## What needs to be done
Return, exactly, the line that contains "row.stored_hash rest in" together with all lines after it to the end of the entries, and no further lines.
━━━━━ Provided data
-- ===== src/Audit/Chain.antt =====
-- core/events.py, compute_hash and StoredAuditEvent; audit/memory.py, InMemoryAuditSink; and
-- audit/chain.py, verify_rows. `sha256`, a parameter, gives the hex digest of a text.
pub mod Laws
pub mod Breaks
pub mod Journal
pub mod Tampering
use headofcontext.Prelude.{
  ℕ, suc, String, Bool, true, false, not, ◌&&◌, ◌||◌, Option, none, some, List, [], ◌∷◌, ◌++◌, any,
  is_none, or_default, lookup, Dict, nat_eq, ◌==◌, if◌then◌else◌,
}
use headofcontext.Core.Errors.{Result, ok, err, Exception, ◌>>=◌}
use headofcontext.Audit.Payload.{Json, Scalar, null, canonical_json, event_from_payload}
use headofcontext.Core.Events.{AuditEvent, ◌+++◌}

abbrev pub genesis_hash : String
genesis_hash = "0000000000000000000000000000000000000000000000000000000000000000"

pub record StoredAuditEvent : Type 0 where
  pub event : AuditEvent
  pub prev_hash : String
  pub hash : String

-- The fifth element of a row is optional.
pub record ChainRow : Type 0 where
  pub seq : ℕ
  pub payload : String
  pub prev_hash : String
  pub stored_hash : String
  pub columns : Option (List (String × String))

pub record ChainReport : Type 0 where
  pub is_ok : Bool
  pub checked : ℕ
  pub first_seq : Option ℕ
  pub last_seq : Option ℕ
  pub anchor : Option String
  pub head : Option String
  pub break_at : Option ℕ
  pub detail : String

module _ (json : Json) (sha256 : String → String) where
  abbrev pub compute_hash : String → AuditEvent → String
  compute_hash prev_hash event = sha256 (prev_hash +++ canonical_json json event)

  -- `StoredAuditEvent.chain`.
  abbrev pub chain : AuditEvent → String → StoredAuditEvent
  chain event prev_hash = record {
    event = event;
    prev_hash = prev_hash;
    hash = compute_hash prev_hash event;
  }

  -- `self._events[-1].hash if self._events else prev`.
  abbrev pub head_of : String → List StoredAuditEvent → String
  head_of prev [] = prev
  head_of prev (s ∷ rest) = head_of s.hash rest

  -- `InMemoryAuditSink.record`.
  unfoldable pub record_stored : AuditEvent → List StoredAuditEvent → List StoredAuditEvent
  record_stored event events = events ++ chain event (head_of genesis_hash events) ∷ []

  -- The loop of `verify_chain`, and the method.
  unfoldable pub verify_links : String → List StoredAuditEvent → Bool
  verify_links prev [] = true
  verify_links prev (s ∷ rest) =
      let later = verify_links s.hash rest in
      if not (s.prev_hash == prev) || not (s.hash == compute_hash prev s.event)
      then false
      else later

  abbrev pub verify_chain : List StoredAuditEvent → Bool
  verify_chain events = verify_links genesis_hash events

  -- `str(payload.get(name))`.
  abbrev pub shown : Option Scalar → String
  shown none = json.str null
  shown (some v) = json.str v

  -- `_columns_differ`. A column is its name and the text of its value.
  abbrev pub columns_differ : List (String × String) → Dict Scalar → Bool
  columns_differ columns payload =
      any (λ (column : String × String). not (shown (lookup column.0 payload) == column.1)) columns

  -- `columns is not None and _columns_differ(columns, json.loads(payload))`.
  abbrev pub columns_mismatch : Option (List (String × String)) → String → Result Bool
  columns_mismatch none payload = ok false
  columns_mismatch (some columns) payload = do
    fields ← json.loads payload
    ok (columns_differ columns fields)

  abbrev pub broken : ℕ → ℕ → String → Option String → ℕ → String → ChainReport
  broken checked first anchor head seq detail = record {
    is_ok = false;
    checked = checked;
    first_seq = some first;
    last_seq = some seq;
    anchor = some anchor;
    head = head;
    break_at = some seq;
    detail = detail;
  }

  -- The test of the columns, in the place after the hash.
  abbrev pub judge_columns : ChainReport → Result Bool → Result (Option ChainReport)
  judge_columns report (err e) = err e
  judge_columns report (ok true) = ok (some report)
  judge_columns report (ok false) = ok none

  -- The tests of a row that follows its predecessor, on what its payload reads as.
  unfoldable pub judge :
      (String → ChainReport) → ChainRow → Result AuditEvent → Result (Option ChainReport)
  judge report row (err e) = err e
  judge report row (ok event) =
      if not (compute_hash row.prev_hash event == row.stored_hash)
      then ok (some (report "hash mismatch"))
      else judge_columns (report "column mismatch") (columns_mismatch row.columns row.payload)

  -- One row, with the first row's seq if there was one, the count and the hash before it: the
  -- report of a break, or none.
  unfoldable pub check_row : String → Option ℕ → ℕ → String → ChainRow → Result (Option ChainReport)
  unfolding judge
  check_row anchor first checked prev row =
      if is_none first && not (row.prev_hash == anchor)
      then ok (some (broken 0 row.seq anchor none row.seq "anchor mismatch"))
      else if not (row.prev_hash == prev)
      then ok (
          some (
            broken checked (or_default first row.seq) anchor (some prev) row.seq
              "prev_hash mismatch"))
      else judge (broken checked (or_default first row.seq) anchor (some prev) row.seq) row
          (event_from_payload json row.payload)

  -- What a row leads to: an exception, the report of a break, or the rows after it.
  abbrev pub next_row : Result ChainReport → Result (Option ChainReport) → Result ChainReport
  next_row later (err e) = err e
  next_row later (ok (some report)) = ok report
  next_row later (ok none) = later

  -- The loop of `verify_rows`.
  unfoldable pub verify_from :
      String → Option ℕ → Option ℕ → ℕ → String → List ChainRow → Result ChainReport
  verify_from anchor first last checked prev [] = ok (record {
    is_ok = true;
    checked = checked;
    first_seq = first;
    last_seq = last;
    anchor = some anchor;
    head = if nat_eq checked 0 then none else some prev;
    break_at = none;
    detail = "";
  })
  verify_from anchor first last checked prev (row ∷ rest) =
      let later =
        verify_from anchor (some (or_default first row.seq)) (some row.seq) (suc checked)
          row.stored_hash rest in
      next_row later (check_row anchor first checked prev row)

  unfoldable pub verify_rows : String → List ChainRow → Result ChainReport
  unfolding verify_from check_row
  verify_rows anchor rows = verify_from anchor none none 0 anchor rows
━━━━━━━━━━
## Output for this exercise
          row.stored_hash rest in
      next_row later (check_row anchor first checked prev row)

  unfoldable pub verify_rows : String → List ChainRow → Result ChainReport
  unfolding verify_from check_row
  verify_rows anchor rows = verify_from anchor none none 0 anchor rows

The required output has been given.